Found out a newish friend smokes crack - wwyd?

100 replies

Dooberryraspberry · 25/03/2025 09:00

So I made friends with an older woman last year and in particular started to ride her horses as she'd broken her leg. I adore the horses and see her and them three times a week.

Now, no judgement, this woman is late 50s and a traveller, can't read or write. She'd told me in chats she used to be a heroine addict and I'd noted an alcohol problem but frankly it's none of my business if she wants to drink special brew at 9am. I grew up with alcoholics and know not to get involved/try to help/change or enable.

We get on well and I adore the horses, it gives me a much needed break from real life problems!

However she recently admitted she likes smoking a crack pipe. I realised that when she says she's "going for a wee" at the stables, she is in fact having a quick smoke.

Now I feel really uneasy. The horses are well cared for and I like going there etc. But should I cut ties/withdraw from the relationship?

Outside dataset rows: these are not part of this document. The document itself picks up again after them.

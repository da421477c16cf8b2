-- ===== src/Decode.antt =====
-- The section readers of libabi/src/decode.c. A reader returns what the source stores into the case.
-- `arena at n` says whether the case's arena gives `n` bytes to the request made at position `at`;
-- the sizes of the records are those of an LP64 target.
pub mod Schema
pub mod Array
pub mod SectionSteps
pub mod TreeSteps
pub mod Presence
pub mod SchemaSteps
pub mod RoundTrip
pub mod ArraySteps
use arrow_abi_doctor.Base.{
  ℕ, zero, suc, ◌+◌, ◌-◌, ◌*◌, ◌/◌, List, [], ◌∷◌, ℤ, Bool, true, false, not, ◌&&◌, ◌||◌, Option,
  none, some, ltb, ◌==◌, if◌then◌else◌, length, bit_and,
}
use arrow_abi_doctor.Status.{
  truncated, not_canonical, limit_exceeded, bad_enum, no_memory, invalid_argument,
}
use arrow_abi_doctor.Cursor.{
  AbiCur, cur_u8, cur_u16, cur_u32, cur_u64, cur_i64, cur_bytes, cur_bool, cur_zeros, fail,
  position, check, arena_bytes, or_no_memory,
}
use arrow_abi_doctor.Cursor.Monad.{M, ◌>>=◌, ◌>>◌, value, pure}
use arrow_abi_doctor.Fill.{fill_read}
use arrow_abi_doctor.Model.{
  AbiAllocation, AbiBufferView, AbiMetadataKv, SchemaFields, AbiSchemaNode, SchemaChildren,
  SchemaDictionary, ArrayFields, AbiArrayNode, ArrayChildren, ArrayDictionary, schema_node,
  array_node, AbiOp, AbiProvenance, AbiExpected, limit_alloc_count, limit_alloc_bytes,
  limit_alignment, limit_tree_nodes, limit_op_count, role_max, op_max, validate_full,
  expect_unspecified,
}

-- The cursor and the budgets shared across one tree and across all buffer views.
pub record AbiDec : Type 0 where
  pub cur : AbiCur
  pub nodes : ℕ
  pub buffers : ℕ

abbrev pub with_cur {ℓ} : {A : Type ℓ} → AbiDec → Option A × AbiCur → Option A × AbiDec
with_cur d (o, c) = (o, record d { cur = c })

abbrev pub on_cur : {A : Type 0} → M AbiCur A → M AbiDec A
on_cur m d = with_cur d (m d.cur)

unfoldable pub dec_count_guard : ℕ → ℕ → ℕ → M AbiCur (Unit {0})
dec_count_guard count min_bytes_each limit = do
  check
  at ← value position
  if ltb limit count then fail limit_exceeded at else do
    remaining ← value (λ c. (length c.rest, c))
    if not (min_bytes_each == 0) && ltb (remaining / min_bytes_each) count
        then fail truncated at
        else pure tt

-- A vector of the arena.
unfoldable pub request : (ℕ → ℕ → Bool) → ℕ → M AbiCur (Unit {0})
request arena size = do at ← value position; if arena at size then pure tt else fail no_memory at

-- `for (i = 0; i < count; i++)`, one item a round.
unfoldable pub read_each : {S A : Type 0} → ℕ → M S A → M S (List A)
read_each zero m = pure []
read_each (suc n) m = do a ← m; rest ← read_each n m; pure (a ∷ rest)

-- `alignment == 0 || (alignment & (alignment - 1)) != 0 || alignment > ABI_LIMIT_ALIGNMENT`
abbrev pub bad_alignment : ℕ → Bool
bad_alignment alignment =
    alignment == 0
    || (not (bit_and alignment (alignment - 1) == 0) || ltb limit_alignment alignment)

-- `if (++d->nodes > ABI_LIMIT_TREE_NODES)`
unfoldable pub count_node : M AbiDec (Unit {0})
count_node = do
  value (λ d. (tt, record d { nodes = d.nodes + 1 }))
  nodes ← value (λ d. (d.nodes, d))
  if ltb limit_tree_nodes nodes
      then on_cur (value position >>= λ at. fail limit_exceeded at)
      else pure tt

module _ (arena : ℕ → ℕ → Bool) where
  unfoldable pub dec_provenance : M AbiCur AbiProvenance
  dec_provenance = do
    seed ← value cur_u64
    rng_algorithm ← cur_bytes arena
    rng_version ← value cur_u32
    generator_version ← cur_bytes arena
    abi_doctor_version ← cur_bytes arena
    spec_revision ← cur_bytes arena
    check
    pure (record {
      seed = seed;
      rng_algorithm = rng_algorithm;
      rng_version = rng_version;
      generator_version = generator_version;
      abi_doctor_version = abi_doctor_version;
      spec_revision = spec_revision;
    })

  -- The body of the loop of `dec_allocations`.
  unfoldable pub dec_allocation : M AbiCur AbiAllocation
  dec_allocation = do
    size_at ← value position
    size_bytes ← value cur_u64
    check
    if ltb limit_alloc_bytes size_bytes then fail limit_exceeded size_at else do
      align_at ← value position
      alignment ← value cur_u32
      check
      if bad_alignment alignment then fail invalid_argument align_at else do
        fill ← value cur_u8
        cur_zeros 3
        bytes ← fill_read arena size_bytes fill
        pure (record { size_bytes = size_bytes; alignment = alignment; bytes = bytes })

  unfoldable pub dec_allocations : M AbiCur (List AbiAllocation)
  unfolding dec_allocation
  dec_allocations = do
    count ← value cur_u32
    check
    dec_count_guard count 16 limit_alloc_count
    request arena (24 * (if count == 0 then 1 else count))
    table ← read_each count dec_allocation
    check
    pure table

  -- The body of the loop of `dec_callseq`.
  unfoldable pub dec_op : M AbiCur AbiOp
  dec_op = do
    op_at ← value position
    code ← value cur_u16
    arg0 ← value cur_u32
    arg1 ← value cur_u32
    check
    if ltb op_max code
        then fail bad_enum op_at
        else pure (record { code = code; arg0 = arg0; arg1 = arg1 })

  unfoldable pub dec_callseq : M AbiCur (List AbiOp)
  unfolding dec_op
  dec_callseq = do
    at ← value position
    count ← value cur_u32
    check
    if count == 0 then fail not_canonical at else do
      dec_count_guard count 10 limit_op_count
      request arena (12 * count)
      ops ← read_each count dec_op
      check
      pure ops

  unfoldable pub dec_expected : M AbiCur AbiExpected
  dec_expected = do
    at ← value position
    validation_level ← value cur_u8
    expected_outcome ← value cur_u8
    check
    if ltb validate_full validation_level
        then fail bad_enum at
        else if ltb expect_unspecified expected_outcome
        then fail bad_enum (at + 1)
        else do
          cur_zeros 2
          spec_clause ← cur_bytes arena
          notes ← cur_bytes arena
          check
          pure (record {
            validation_level = validation_level;
            expected_outcome = expected_outcome;
            spec_clause = spec_clause;
            notes = notes;
          })

  -- The guard on a child count, and the vector for the children.
  unfoldable pub guard_children : ℕ → M AbiDec (Unit {0})
  guard_children count = do
    nodes ← value (λ d. (d.nodes, d))
    on_cur (dec_count_guard count 4 (limit_tree_nodes - nodes + 1))
    on_cur (if count == 0 then pure tt else request arena (8 * count))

I have said to my DH I won't take my daughter up there and will be careful, but is there any other precaustion I should be taking?

OP posts:
Dooberryraspberry · 25/03/2025 10:30

Oh English traveller not Irish. Definitely crack she said she "used" to smoke.

OP posts:
Wishyouwerehere50 · 25/03/2025 10:38

Based on your history and own declarations, you are too vulnerable and an unconscious magnet to difficult and troubled people. ( I get it).

You're going to be driven by strong feelings of empathy that this person may not possess. People who are empathetic with a trauma history like yourself tend to magnetically draw towards people who will trample all over them, take advantage and cause psychological distress. I'm telling you, this is going to be such a dynamic for you.

So, I would pro actively look at every other place that you might access horses and find an excuse to pull away entirely from the lady, the location and her horses.

I understand why you mentioned the traveller element. Let's not all be holier than thou. We make judgements and maybe they're wrong to make, but it is something I myself might think hhmmm,what does that lifestyle involve and does it align with my values etc.

Maddy70 · 25/03/2025 10:40

It doesn't affect you , just continue riding the horses. She's functioning and ensuring they are well looked after

Lighteningstrikes · 25/03/2025 10:44

I wouldn’t personally be involved with anyone on crack.

Due to her being a user, it will all very likely end up in tears one way or another.

At the moment she’s on her best behaviour.

Outofthepan · 25/03/2025 10:47

You can vape both weed and coke in this modern world, could be that

333FionaG · 25/03/2025 10:47

Are you sure it's crack and not cannabis?

Either way, I would steer well clear of this lady, regardless of her horses and nice nature. She'll be buying the drug from someone somewhere, and that could lead you into precarious waters. Unless it's weed that she grows herself? That would be ethical, I think.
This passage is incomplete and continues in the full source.